# WORK ITEM
Reproduce the entries in full, with no changes.

-------- INPUT FOR THIS TASK --------

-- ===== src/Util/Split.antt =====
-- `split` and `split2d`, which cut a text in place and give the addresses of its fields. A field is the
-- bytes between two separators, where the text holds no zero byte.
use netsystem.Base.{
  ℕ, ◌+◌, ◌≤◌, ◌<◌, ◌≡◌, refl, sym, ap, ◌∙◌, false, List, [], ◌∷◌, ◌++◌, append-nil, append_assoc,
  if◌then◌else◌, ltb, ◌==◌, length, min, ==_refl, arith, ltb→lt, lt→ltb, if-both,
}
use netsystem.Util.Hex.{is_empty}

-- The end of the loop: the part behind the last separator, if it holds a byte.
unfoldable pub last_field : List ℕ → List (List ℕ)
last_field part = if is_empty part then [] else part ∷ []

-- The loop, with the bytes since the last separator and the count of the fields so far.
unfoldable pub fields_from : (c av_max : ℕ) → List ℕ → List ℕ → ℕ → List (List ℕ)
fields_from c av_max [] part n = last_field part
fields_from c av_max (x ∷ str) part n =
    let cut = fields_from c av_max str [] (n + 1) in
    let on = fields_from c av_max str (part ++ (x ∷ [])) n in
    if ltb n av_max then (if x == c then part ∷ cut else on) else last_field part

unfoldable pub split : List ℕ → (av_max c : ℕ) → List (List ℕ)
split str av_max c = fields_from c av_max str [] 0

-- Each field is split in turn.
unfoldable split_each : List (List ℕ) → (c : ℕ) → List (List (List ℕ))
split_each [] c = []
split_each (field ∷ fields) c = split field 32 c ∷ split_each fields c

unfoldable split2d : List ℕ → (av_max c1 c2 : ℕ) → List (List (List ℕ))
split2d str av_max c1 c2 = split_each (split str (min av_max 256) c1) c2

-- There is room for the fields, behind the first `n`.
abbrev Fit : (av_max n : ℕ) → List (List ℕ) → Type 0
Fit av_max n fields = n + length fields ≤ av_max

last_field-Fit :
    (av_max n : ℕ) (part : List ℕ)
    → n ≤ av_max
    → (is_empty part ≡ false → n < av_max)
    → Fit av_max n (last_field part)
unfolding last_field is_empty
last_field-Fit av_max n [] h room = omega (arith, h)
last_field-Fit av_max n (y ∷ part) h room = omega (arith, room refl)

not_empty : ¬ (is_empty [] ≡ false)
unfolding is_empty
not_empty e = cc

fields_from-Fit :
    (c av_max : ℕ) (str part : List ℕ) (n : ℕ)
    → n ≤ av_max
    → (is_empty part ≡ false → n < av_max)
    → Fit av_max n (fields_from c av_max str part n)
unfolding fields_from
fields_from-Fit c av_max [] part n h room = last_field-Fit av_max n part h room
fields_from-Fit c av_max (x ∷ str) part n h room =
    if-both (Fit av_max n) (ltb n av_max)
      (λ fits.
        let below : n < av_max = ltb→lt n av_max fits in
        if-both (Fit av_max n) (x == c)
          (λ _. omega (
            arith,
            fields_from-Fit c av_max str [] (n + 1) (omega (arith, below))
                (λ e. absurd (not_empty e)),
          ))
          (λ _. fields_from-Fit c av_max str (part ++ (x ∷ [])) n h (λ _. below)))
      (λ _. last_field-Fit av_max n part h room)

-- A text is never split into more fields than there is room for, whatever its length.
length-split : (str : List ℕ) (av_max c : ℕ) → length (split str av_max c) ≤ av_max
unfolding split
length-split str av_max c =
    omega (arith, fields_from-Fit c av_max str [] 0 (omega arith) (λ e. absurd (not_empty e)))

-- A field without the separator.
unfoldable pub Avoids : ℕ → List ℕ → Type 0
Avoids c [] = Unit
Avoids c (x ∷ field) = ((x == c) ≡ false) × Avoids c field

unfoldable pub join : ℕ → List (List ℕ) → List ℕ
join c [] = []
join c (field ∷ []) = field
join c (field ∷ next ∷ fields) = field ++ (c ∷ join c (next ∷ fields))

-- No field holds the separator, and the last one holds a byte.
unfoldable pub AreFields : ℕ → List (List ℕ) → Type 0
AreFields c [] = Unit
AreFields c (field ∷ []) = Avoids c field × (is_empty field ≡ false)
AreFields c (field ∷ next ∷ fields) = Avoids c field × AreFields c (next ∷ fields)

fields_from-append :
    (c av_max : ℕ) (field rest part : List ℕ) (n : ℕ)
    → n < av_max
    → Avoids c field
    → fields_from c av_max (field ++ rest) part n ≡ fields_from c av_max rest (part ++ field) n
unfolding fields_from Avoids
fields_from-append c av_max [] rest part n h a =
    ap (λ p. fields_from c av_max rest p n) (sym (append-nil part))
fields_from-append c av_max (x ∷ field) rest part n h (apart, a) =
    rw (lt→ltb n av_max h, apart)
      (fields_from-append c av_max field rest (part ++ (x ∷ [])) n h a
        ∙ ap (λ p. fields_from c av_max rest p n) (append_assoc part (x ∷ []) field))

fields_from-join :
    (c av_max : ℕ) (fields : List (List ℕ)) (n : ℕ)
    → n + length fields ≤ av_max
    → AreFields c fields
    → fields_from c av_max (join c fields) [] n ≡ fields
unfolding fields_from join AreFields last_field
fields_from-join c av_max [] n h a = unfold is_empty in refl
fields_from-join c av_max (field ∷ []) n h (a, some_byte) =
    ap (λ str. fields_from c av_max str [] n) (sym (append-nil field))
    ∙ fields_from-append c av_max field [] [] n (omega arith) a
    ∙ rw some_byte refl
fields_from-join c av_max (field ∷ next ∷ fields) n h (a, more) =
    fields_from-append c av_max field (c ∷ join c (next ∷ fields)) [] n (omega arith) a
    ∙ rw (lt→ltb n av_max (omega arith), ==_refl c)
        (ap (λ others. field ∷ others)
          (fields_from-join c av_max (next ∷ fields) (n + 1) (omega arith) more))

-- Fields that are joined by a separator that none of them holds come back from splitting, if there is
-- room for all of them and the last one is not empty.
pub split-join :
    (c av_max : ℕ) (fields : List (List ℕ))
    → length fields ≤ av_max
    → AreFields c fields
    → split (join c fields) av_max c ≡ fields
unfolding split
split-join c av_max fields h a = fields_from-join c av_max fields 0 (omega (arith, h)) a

--------

# SOLUTION BELOW
-- ===== src/Util/Split.antt =====
-- `split` and `split2d`, which cut a text in place and give the addresses of its fields. A field is the
-- bytes between two separators, where the text holds no zero byte.
use netsystem.Base.{
  ℕ, ◌+◌, ◌≤◌, ◌<◌, ◌≡◌, refl, sym, ap, ◌∙◌, false, List, [], ◌∷◌, ◌++◌, append-nil, append_assoc,
  if◌then◌else◌, ltb, ◌==◌, length, min, ==_refl, arith, ltb→lt, lt→ltb, if-both,
}
use netsystem.Util.Hex.{is_empty}

-- The end of the loop: the part behind the last separator, if it holds a byte.
unfoldable pub last_field : List ℕ → List (List ℕ)
last_field part = if is_empty part then [] else part ∷ []

-- The loop, with the bytes since the last separator and the count of the fields so far.
unfoldable pub fields_from : (c av_max : ℕ) → List ℕ → List ℕ → ℕ → List (List ℕ)
fields_from c av_max [] part n = last_field part
fields_from c av_max (x ∷ str) part n =
    let cut = fields_from c av_max str [] (n + 1) in
    let on = fields_from c av_max str (part ++ (x ∷ [])) n in
    if ltb n av_max then (if x == c then part ∷ cut else on) else last_field part

unfoldable pub split : List ℕ → (av_max c : ℕ) → List (List ℕ)
split str av_max c = fields_from c av_max str [] 0

-- Each field is split in turn.
unfoldable split_each : List (List ℕ) → (c : ℕ) → List (List (List ℕ))
split_each [] c = []
split_each (field ∷ fields) c = split field 32 c ∷ split_each fields c

unfoldable split2d : List ℕ → (av_max c1 c2 : ℕ) → List (List (List ℕ))
split2d str av_max c1 c2 = split_each (split str (min av_max 256) c1) c2

-- There is room for the fields, behind the first `n`.
abbrev Fit : (av_max n : ℕ) → List (List ℕ) → Type 0
Fit av_max n fields = n + length fields ≤ av_max

last_field-Fit :
    (av_max n : ℕ) (part : List ℕ)
    → n ≤ av_max
    → (is_empty part ≡ false → n < av_max)
    → Fit av_max n (last_field part)
unfolding last_field is_empty
last_field-Fit av_max n [] h room = omega (arith, h)
last_field-Fit av_max n (y ∷ part) h room = omega (arith, room refl)

not_empty : ¬ (is_empty [] ≡ false)
unfolding is_empty
not_empty e = cc

fields_from-Fit :
    (c av_max : ℕ) (str part : List ℕ) (n : ℕ)
    → n ≤ av_max
    → (is_empty part ≡ false → n < av_max)
    → Fit av_max n (fields_from c av_max str part n)
unfolding fields_from
fields_from-Fit c av_max [] part n h room = last_field-Fit av_max n part h room
fields_from-Fit c av_max (x ∷ str) part n h room =
    if-both (Fit av_max n) (ltb n av_max)
      (λ fits.
        let below : n < av_max = ltb→lt n av_max fits in
        if-both (Fit av_max n) (x == c)
          (λ _. omega (
            arith,
            fields_from-Fit c av_max str [] (n + 1) (omega (arith, below))
                (λ e. absurd (not_empty e)),
          ))
          (λ _. fields_from-Fit c av_max str (part ++ (x ∷ [])) n h (λ _. below)))
      (λ _. last_field-Fit av_max n part h room)

-- A text is never split into more fields than there is room for, whatever its length.
length-split : (str : List ℕ) (av_max c : ℕ) → length (split str av_max c) ≤ av_max
unfolding split
length-split str av_max c =
    omega (arith, fields_from-Fit c av_max str [] 0 (omega arith) (λ e. absurd (not_empty e)))

-- A field without the separator.
unfoldable pub Avoids : ℕ → List ℕ → Type 0
Avoids c [] = Unit
Avoids c (x ∷ field) = ((x == c) ≡ false) × Avoids c field

unfoldable pub join : ℕ → List (List ℕ) → List ℕ
join c [] = []
join c (field ∷ []) = field
join c (field ∷ next ∷ fields) = field ++ (c ∷ join c (next ∷ fields))

-- No field holds the separator, and the last one holds a byte.
unfoldable pub AreFields : ℕ → List (List ℕ) → Type 0
AreFields c [] = Unit
AreFields c (field ∷ []) = Avoids c field × (is_empty field ≡ false)
AreFields c (field ∷ next ∷ fields) = Avoids c field × AreFields c (next ∷ fields)

fields_from-append :
    (c av_max : ℕ) (field rest part : List ℕ) (n : ℕ)
    → n < av_max
    → Avoids c field
    → fields_from c av_max (field ++ rest) part n ≡ fields_from c av_max rest (part ++ field) n
unfolding fields_from Avoids
fields_from-append c av_max [] rest part n h a =
    ap (λ p. fields_from c av_max rest p n) (sym (append-nil part))
fields_from-append c av_max (x ∷ field) rest part n h (apart, a) =
    rw (lt→ltb n av_max h, apart)
      (fields_from-append c av_max field rest (part ++ (x ∷ [])) n h a
        ∙ ap (λ p. fields_from c av_max rest p n) (append_assoc part (x ∷ []) field))

fields_from-join :
    (c av_max : ℕ) (fields : List (List ℕ)) (n : ℕ)
    → n + length fields ≤ av_max
    → AreFields c fields
    → fields_from c av_max (join c fields) [] n ≡ fields
unfolding fields_from join AreFields last_field
fields_from-join c av_max [] n h a = unfold is_empty in refl
fields_from-join c av_max (field ∷ []) n h (a, some_byte) =
    ap (λ str. fields_from c av_max str [] n) (sym (append-nil field))
    ∙ fields_from-append c av_max field [] [] n (omega arith) a
    ∙ rw some_byte refl
fields_from-join c av_max (field ∷ next ∷ fields) n h (a, more) =
    fields_from-append c av_max field (c ∷ join c (next ∷ fields)) [] n (omega arith) a
    ∙ rw (lt→ltb n av_max (omega arith), ==_refl c)
        (ap (λ others. field ∷ others)
          (fields_from-join c av_max (next ∷ fields) (n + 1) (omega arith) more))

-- Fields that are joined by a separator that none of them holds come back from splitting, if there is
-- room for all of them and the last one is not empty.
pub split-join :
    (c av_max : ℕ) (fields : List (List ℕ))
    → length fields ≤ av_max
    → AreFields c fields
    → split (join c fields) av_max c ≡ fields
unfolding split
split-join c av_max fields h a = fields_from-join c av_max fields 0 (omega (arith, h)) a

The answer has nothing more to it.